[Directions] Across all the records below, how many lines contain "refl"? Respond with only the number.

*** Records provided Section Begins ***

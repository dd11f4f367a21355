-- ===== src/Regex/Matcher/Gate.antt =====
-- The gate in front of matchexec of include/core/match.h, against what it means that a literal stands at an offset.
use Prim.{Unit, tt}
use jaclibc.Base.{
  ℕ, zero, suc, ◌+◌, ◌≤◌, ◌<◌, ◌≡◌, ◌⊎◌, ◌==◌, Bool, true, if_cases, Option, none, some, List, [],
  ◌∷◌, drop, refl, arith,
}
use jaclibc.Regex.Matcher.Exec.{lower_byte, has_literal, gate_loop, matchgate}

-- The bytes are equal, or where case is ignored an ASCII letter in its two cases.
abbrev pub SameByte : Bool → ℕ → ℕ → Type 0
SameByte ic a b =
    (a ≡ b)
    ⊎ ((ic ≡ true) × (65 ≤ a) × (a ≤ 90) × (b ≡ a + 32))
    ⊎ ((ic ≡ true) × (65 ≤ b) × (b ≤ 90) × (a ≡ b + 32))

-- The text begins with the literal.
abbrev pub Starts : Bool → List ℕ → List ℕ → Type 0
Starts ic [] s = Unit
Starts ic (a ∷ lit) [] = ⊥
Starts ic (a ∷ lit) (b ∷ s) = SameByte ic a b × Starts ic lit s

-- The first offset of the literal in a text whose own offset is base, or none where there is no one.
abbrev pub IsFirst : Bool → List ℕ → List ℕ → ℕ → Option ℕ → Type 0
IsFirst ic lit s base none = (q : ℕ) → ¬ Starts ic lit (drop q s)
IsFirst ic lit s base (some p) =
    (d : ℕ) × (p ≡ base + d)
    × Starts ic lit (drop d s)
    × ((q : ℕ) → q < d → ¬ Starts ic lit (drop q s))

same_byte : (ic : Bool) (a b : ℕ) → (lower_byte ic a == lower_byte ic b) ≡ true → SameByte ic a b
unfolding lower_byte
same_byte ic a b e = ground (arith, e)

byte_same : (ic : Bool) (a b : ℕ) → SameByte ic a b → (lower_byte ic a == lower_byte ic b) ≡ true
unfolding lower_byte
byte_same ic a b same = ground (arith, same)

has_literal-Starts : (ic : Bool) (lit s : List ℕ) → has_literal ic lit s ≡ true → Starts ic lit s
unfolding has_literal
has_literal-Starts ic [] s e = tt
has_literal-Starts ic (a ∷ lit) [] e = absurd (ground (arith, e))
has_literal-Starts ic (a ∷ lit) (b ∷ s) e =
    (same_byte ic a b (ground (arith, e)), has_literal-Starts ic lit s (ground (arith, e)))

Starts-has_literal : (ic : Bool) (lit s : List ℕ) → Starts ic lit s → has_literal ic lit s ≡ true
unfolding has_literal
Starts-has_literal ic [] s h = refl
Starts-has_literal ic (a ∷ lit) [] h = absurd h
Starts-has_literal ic (a ∷ lit) (b ∷ s) (h, more) =
    ground (arith, byte_same ic a b h, Starts-has_literal ic lit s more)

-- With one byte more in front that does not start the literal.
IsFirst-cons :
    (ic : Bool) (lit : List ℕ) (b : ℕ) (s : List ℕ) (base : ℕ) (o : Option ℕ)
    → ¬ Starts ic lit (b ∷ s)
    → IsFirst ic lit s (base + 1) o
    → IsFirst ic lit (b ∷ s) base o
IsFirst-cons ic lit b s base none lacks rest = elim [ zero ↦ lacks | suc q ↦ rest q ]
IsFirst-cons ic lit b s base (some p) lacks (d, eq, has, below) =
    (suc d, omega arith, has, elim [ zero ↦ λ lt. lacks | suc q ↦ λ lt. below q (omega arith) ])

nothing-Starts : (ic : Bool) (a : ℕ) (lit : List ℕ) (q : ℕ) → ¬ Starts ic (a ∷ lit) (drop q [])
nothing-Starts ic a lit zero h = h
nothing-Starts ic a lit (suc q) h = h

gate_loop_lem :
    (ic : Bool) (a : ℕ) (lit s : List ℕ) (p : ℕ)
    → IsFirst ic (a ∷ lit) s p (gate_loop ic (a ∷ lit) s p)
unfolding gate_loop
gate_loop_lem ic a lit [] p = λ q. nothing-Starts ic a lit q
gate_loop_lem ic a lit (b ∷ s) p =
    if_cases (IsFirst ic (a ∷ lit) (b ∷ s) p) (has_literal ic (a ∷ lit) (b ∷ s)) _ _
      (λ has.
        (0, omega arith, has_literal-Starts ic (a ∷ lit) (b ∷ s) has, λ q lt. absurd (omega arith)))
      (λ lacks.
        IsFirst-cons ic (a ∷ lit) b s p _
          (λ h. absurd (ground (arith, lacks, Starts-has_literal ic (a ∷ lit) (b ∷ s) h)))
          (gate_loop_lem ic a lit s (p + 1)))

-- matchgate gives the first offset at which the text has the literal, letters of ASCII in either case where
-- case is ignored, and no offset where the text has it nowhere.
pub matchgate_lem : (ic : Bool) (lit s : List ℕ) → IsFirst ic lit s 0 (matchgate ic lit s)
unfolding matchgate
matchgate_lem ic [] s = (0, refl, tt, λ q lt. absurd (omega arith))
matchgate_lem ic (a ∷ lit) s = gate_loop_lem ic a lit s 0
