-- ===== src/Regex/Matcher/Long.antt =====
-- What the depth does in matchexec of include/core/match.h on a long text.
use jaclibc.Base.{
  ℕ, zero, suc, ◌+◌, ◌-◌, ◌≤◌, ◌<◌, ◌≡◌, ◌≢◌, Bool, true, false, ◌||◌, ltb, if◌then◌else◌, if_both,
  Bool-cases, inl, inr, Option, some, List, [], length, sym, subst, arith,
}
use jaclibc.Regex.Nodes.{
  Caps, Matcher, Subject, Ctx, nomatch, edepth, is_success, is_edepth, after, max_depth,
}
use jaclibc.Regex.Matcher.Steps.{Inside, Kept-cases}
use jaclibc.Regex.Matcher.Loops.{IsBuilt, elim_cases}
use jaclibc.Regex.Matcher.Depth.{matchfind-deeper, matchfind_deep}
use jaclibc.Regex.Matcher.Exec.{
  ExecFlags, ExecResult, failed, matchgate, is_anchored, store_offsets, exec_loop, exec_start,
  exec_subject, matchexec,
}
use jaclibc.Regex.Matcher.Total.{cleared, cleared-Inside, start_Inside, begin}

abbrev IsMiss : Option ExecResult → Type 0
IsMiss o = o ≡ some (failed nomatch)

store_offsets-failed : (nm so eo : ℕ) (caps : Caps) → store_offsets nm so eo caps ≢ failed nomatch
unfolding store_offsets
store_offsets-failed zero so eo caps e = absurd (ground (arith, e))
store_offsets-failed (suc count) so eo caps e = absurd (ground (arith, e))

edepth_hits : ¬ IsMiss (some (failed edepth))
edepth_hits same = absurd (ground (arith, same))

module _ (is_named : List ℕ → ℕ → Bool) (towlower : ℕ → ℕ) (is_word : ℕ → Bool) where
  module _ (e : Subject) (nm : ℕ) (built : IsBuilt e.m.arena) where
    abbrev len : ℕ
    len = length e.s

    -- A round that ends without a match leaves a depth of one more.
    exec_round_deep :
        (left : ℕ) (c : Ctx) (start : ℕ)
        → start ≤ c.depth
        → start ≤ len
        → e.m.root ≢ 0
        → is_anchored is_named towlower is_word e nm ≡ false
        → Inside len c
        → ((c1 : Ctx)
            → c.depth ≤ max_depth
            → start + 1 ≤ c1.depth
            → Inside len c1
            → ¬ IsMiss (exec_loop is_named towlower is_word e nm left c1 (start + 1)))
        → ¬ IsMiss (exec_loop is_named towlower is_word e nm (suc left) c start)
    unfolding exec_loop
    exec_round_deep left c start deep inner root free h next =
        let P : Option ExecResult → Type 0 = λ o. ¬ IsMiss o in
        let miss : Ctx → Option ExecResult = λ c1. elim (is_edepth c1.err) [
          | true ↦ some (failed edepth)
          | false ↦ elim (is_anchored is_named towlower is_word e nm) [
            | true ↦ some (failed (if is_success c1.err then nomatch else c1.err))
            | false ↦ exec_loop is_named towlower is_word e nm left c1 (start + 1)
          ]
        ] in
        let hit : Ctx → ℕ → Option ExecResult = λ c1 r. elim (is_edepth c1.err) [
          | true ↦ some (failed edepth)
          | false ↦ some (store_offsets nm start r c1.caps)
        ] in
        elim_cases P (ltb max_depth c.depth) _ _ (λ _. edepth_hits)
          (λ shallow. elim (Bool-cases (ltb max_depth (c.depth + 1))) [
            | inl last ↦
                subst (λ o. P (after o miss hit))
                  (sym (
                    matchfind_deep is_named towlower is_word e built max_depth (cleared c) e.m.root
                      start last))
                  edepth_hits
            | inr spare ↦
                Kept-cases P len (c.depth + 1) _ miss hit
                  (matchfind-deeper is_named towlower is_word e built (max_depth + 1) (cleared c)
                    e.m.root start (omega arith) (omega arith) root spare (cleared-Inside len c h)
                    inner)
                  (λ c1 deep1 h1.
                    elim_cases P (is_edepth c1.err) _ _ (λ _. edepth_hits)
                      (λ _.
                        elim_cases P (is_anchored is_named towlower is_word e nm) _ _
                          (λ bound. absurd (ground (arith, bound, free)))
                          (λ _. next c1 (ground (arith, shallow)) (omega arith) h1)))
                  (λ c1 r deep1 h1 r_le.
                    elim_cases P (is_edepth c1.err) _ _ (λ _. edepth_hits)
                      (λ _ found. store_offsets-failed nm start r c1.caps (ground (arith, found))))
          ])

    exec_loop_deep :
        (left : ℕ) (c : Ctx) (start : ℕ)
        → start + left ≡ len
        → start ≤ c.depth
        → max_depth < len
        → e.m.root ≢ 0
        → is_anchored is_named towlower is_word e nm ≡ false
        → Inside len c
        → ¬ IsMiss (exec_loop is_named towlower is_word e nm (suc left) c start)
    exec_loop_deep zero c start all deep long root free h =
        exec_round_deep zero c start deep (omega arith) root free h
          (λ c1 shallow. absurd (omega arith))
    exec_loop_deep (suc left) c start all deep long root free h =
        exec_round_deep (suc left) c start deep (omega arith) root free h (λ c1 shallow deep1 h1.
          exec_loop_deep left c1 (start + 1) (omega arith) deep1 long root free h1)

  module _ (m : Matcher) (s : List ℕ) (nm : ℕ) (fl : ExecFlags) (built : IsBuilt m.arena) where
    begin_deep :
        max_depth < length s
        → m.root ≢ 0
        → is_anchored is_named towlower is_word (exec_subject m fl s) nm ≡ false
        → begin is_named towlower is_word m s nm fl (some 0) ≢ some (failed nomatch)
    begin_deep long root free =
        subst
          (λ left.
            ¬ IsMiss (
              exec_loop is_named towlower is_word (exec_subject m fl s) nm left (exec_start m fl)
                0))
          {x = suc (length s)} {y = length s + 1 - 0} (omega arith)
          (exec_loop_deep (exec_subject m fl s) nm built (length s) (exec_start m fl) 0
            (omega arith) (omega arith) long root free (start_Inside (length s) m fl))

    -- Where the second part of each sequence stands in front of it in the arena, and the text has more than
    -- 2000 bytes, a pattern that is not empty, has no first literal and is not bound to the start of the text is never reported as not found: what a round adds to the depth is not taken back.
    pub matchexec_long :
        max_depth < length s
        → m.root ≢ 0
        → m.lit ≡ []
        → is_anchored is_named towlower is_word (exec_subject m fl s) nm ≡ false
        → matchexec is_named towlower is_word m s nm fl ≢ some (failed nomatch)
    unfolding matchexec matchgate
    matchexec_long long root plain free =
        if_both (λ o. begin is_named towlower is_word m s nm fl o ≢ some (failed nomatch)) _
          (some 0) (matchgate (m.icase || fl.icase) m.lit s) (begin_deep long root free)
          (subst
            (λ lit.
              begin is_named towlower is_word m s nm fl (matchgate (m.icase || fl.icase) lit s)
              ≢ some (failed nomatch))
            (sym plain) (begin_deep long root free))
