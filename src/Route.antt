-- ===== src/Route.antt =====
-- include/transit/route.h: patterns of routes and the table of routes. A string is its bytes in front of
-- the NUL, a pointer into one is what is left of it; bytes are below 128, so char is not negative. `outside`
-- stands for reads behind the end of a string.
pub mod Table
pub mod Spec
pub mod Decide
use jaclibc.Base.{
  ℕ, zero, suc, ◌+◌, ◌-◌, ◌*◌, ◌/◌, ◌%◌, ◌^◌, Bool, true, false, not, ◌&&◌, ◌||◌, ◌==◌, ltb, leb,
  if◌then◌else◌, ℤ, pos, negsuc, Option, none, some, List, [], ◌∷◌, ◌++◌, length,
}
use jaclibc.Alloc.{put}

abbrev pub Text : Type 0
Text = List ℕ

-- spec[0] to spec[2]
pub record Signs : Type 0 where
  pub any : ℕ
  pub div : ℕ
  pub esc : ℕ

abbrev pub bit_value : Bool → ℕ
bit_value b = if b then 1 else 0

-- The first byte of the set of 256 bits.
abbrev pub first_byte : (ℕ → Bool) → ℕ
first_byte cset =
    bit_value (cset 0)
    + 2 * bit_value (cset 1)
    + 4 * bit_value (cset 2)
    + 8 * bit_value (cset 3)
    + 16 * bit_value (cset 4)
    + 32 * bit_value (cset 5)
    + 64 * bit_value (cset 6)
    + 128 * bit_value (cset 7)

-- for (c = from; c <= to; c++): `count` bits from `c` on.
unfoldable pub set_range : ℕ → ℕ → Bool → (ℕ → Bool) → ℕ → Bool
set_range zero c on cset = cset
set_range (suc count) c on cset = set_range count (c + 1) on (put cset c on)

-- while (*p && *p != ']') { ... }: what is left of the pattern, and the set. The macros BITON and BITOFF
-- have a variable p of their own, the set, so that in them *p is its first byte.
unfoldable pub set_loop : Bool → Text → (ℕ → Bool) → Option (Text × (ℕ → Bool))
unfolding set_range
set_loop on [] cset = some ([], cset)
set_loop on (a ∷ []) cset =
    if a == b']' then some (a ∷ [], cset) else some ([], put cset (first_byte cset) on)
set_loop on (a ∷ b ∷ []) cset =
    let rest = set_loop on (b ∷ []) (put cset (first_byte cset) on) in
    if a == b']' then some (a ∷ b ∷ [], cset) else if b == b'-' then none else rest
set_loop on (a ∷ b ∷ c ∷ p) cset = elim (b == b'-' && not (c == b']')) [
  | true ↦
      let rest = set_loop on p (set_range (c + 1 - a) a on cset) in
      if a == b']' then some (a ∷ b ∷ c ∷ p, cset) else rest
  | false ↦
      let rest = set_loop on (b ∷ c ∷ p) (put cset (first_byte cset) on) in
      if a == b']' then some (a ∷ b ∷ c ∷ p, cset) else rest
]

-- while (*p >= '0' && *p <= '9') n = n * 10 + (*p++ - '0')
unfoldable pub number_loop : Text → ℕ → ℕ × Text
number_loop [] n = (n, [])
number_loop (c ∷ p) n =
    let rest = number_loop p (n * 10 + (c - b'0')) in
    if leb b'0' c && leb c b'9' then rest else (n, c ∷ p)

-- if (*p == '{') { ... }: min and max; `none` is the return of -1.
unfoldable pub bounds : Text → Option (ℕ × ℕ)
unfolding number_loop
bounds [] = some (1, 2 ^ 31 - 1)
bounds (c ∷ p) =
    let (min, q) = number_loop p 0 in
    let ended : Text → ℕ → Option (ℕ × ℕ) =
      λ r max. elim r [ [] ↦ none | d ∷ _ ↦ if d == b'}' then some (min, max) else none ] in
    if not (c == b'{') then some (1, 2 ^ 31 - 1) else (elim q [
      | [] ↦ none
      | d ∷ r ↦
          let (max, r') = number_loop r 0 in if d == b',' then ended r' max else ended (d ∷ r) min
    ])

-- while (*h) { ... }
unfoldable pub count_loop : (ℕ → Bool) → ℕ → Text → ℕ → ℕ
count_loop cset max [] m = m
count_loop cset max (c ∷ h) m =
    let rest = count_loop cset max h (m + 1) in
    if not (cset c) then m else if leb max (m + 1) then m + 1 else rest

unfoldable pub drop_bytes : ℕ → Text → Text
drop_bytes zero h = h
drop_bytes (suc n) [] = []
drop_bytes (suc n) (c ∷ h) = drop_bytes n h

abbrev pub starts_with : Text → ℕ → Bool
starts_with [] c = false
starts_with (d ∷ p) c = d == c

-- The number, or `none` for -1; the outer `none` is outside. *p is '['.
unfoldable pub route_scan : Text → Text → Option (Option ℕ)
unfolding set_loop bounds count_loop drop_bytes
route_scan h [] = some none
route_scan h (b ∷ p) =
    let neg = starts_with p b'^' in
    let q = if neg then drop_bytes 1 p else p in
    if not (b == b'[') then some none else (elim (set_loop (not neg) q (λ i. neg)) [
      | none ↦ none
      | some (r, cset) ↦ elim r [
        | [] ↦ some none
        | _ ∷ r' ↦ elim (bounds r') [
          | none ↦ some none
          | some (min, max) ↦
              let m = count_loop cset max h 0 in some (if ltb m min then none else some m)
        ]
      ]
    ])

-- while (*p != stop) p++; p++
unfoldable pub skip_past : ℕ → Text → Text
skip_past stop [] = []
skip_past stop (c ∷ p) = let rest = skip_past stop p in if c == stop then p else rest

-- Behind ']', and behind '}' where a '{' follows.
abbrev pub past_set : Text → Text
past_set p = let q = skip_past b']' p in if starts_with q b'{' then skip_past b'}' q else q

-- What is left of the pattern and of the path; `none` is the return of 0, the outer `none` is outside.
-- while (*p == '[') { ... }
unfoldable pub sets_loop : ℕ → Text → Text → Option (Option (Text × Text))
unfolding route_scan skip_past drop_bytes
sets_loop zero p h = none
sets_loop (suc f) p h =
    let next : ℕ → Option (Option (Text × Text)) = λ m. sets_loop f (past_set p) (drop_bytes m h) in
    elim (starts_with p b'[') [
      | false ↦ some (some (p, h))
      | true ↦ elim (route_scan h p) [
        | none ↦ none
        | some none ↦ some none
        | some (some m) ↦ next m
      ]
    ]

-- while (*h && *h != div) h++
unfoldable pub skip_name : ℕ → Text → Text
skip_name div [] = []
skip_name div (c ∷ h) = let rest = skip_name div h in if c == div then c ∷ h else rest

-- The pattern behind the sign for any, and the path.
unfoldable pub wildcard : Signs → Text → Text → Option (Option (Text × Text))
unfolding sets_loop skip_name
wildcard s p h = elim p [
  | [] ↦ some (some ([], skip_name s.div h))
  | c ∷ q ↦
      if c == b'['
      then sets_loop (length q + 2) (c ∷ q) h
      else if c == s.any && length q == 0
      then some (some ([], []))
      else some (some (c ∷ q, skip_name s.div h))
]

-- while (*p) { ... }: `cnt` and the pointers stored. The outer `none` is outside, or the fuel ran out.
unfoldable pub match_loop : Signs → ℕ → ℕ → Text → Text → List Text → Option (Option (List Text))
unfolding wildcard
match_loop s zero msize p h found = none
match_loop s (suc f) msize [] h found = some (if length h == 0 then some found else none)
match_loop s (suc f) msize (c ∷ p) h found =
    if c == s.any
    then (elim (wildcard s p h) [
      | none ↦ none
      | some none ↦ some none
      | some (some (p', h')) ↦
          match_loop s f msize p' h' (if ltb (length found) msize then found ++ h ∷ [] else found)
    ])
    else if c == s.esc
    then (elim p [
      | [] ↦ if length h == 0 then none else some none
      | d ∷ q ↦ elim h [
        | [] ↦ some none
        | x ∷ t ↦ let rest = match_loop s f msize q t found in if d == x then rest else some none
      ]
    ])
    else (elim h [
      | [] ↦ some none
      | x ∷ t ↦ let rest = match_loop s f msize p t found in if c == x then rest else some none
    ])

-- The matches, as many as the call returns, or `none` for 0. No pointer is NULL.
unfoldable pub route_match : Signs → Text → Text → ℕ → Option (Option (List Text))
unfolding match_loop
route_match s path pattern msize =
    if msize == 0
    then some none
    else match_loop s (length pattern + 1) msize pattern path (path ∷ [])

*** Records provided Section Ends ***

[Written solution] 3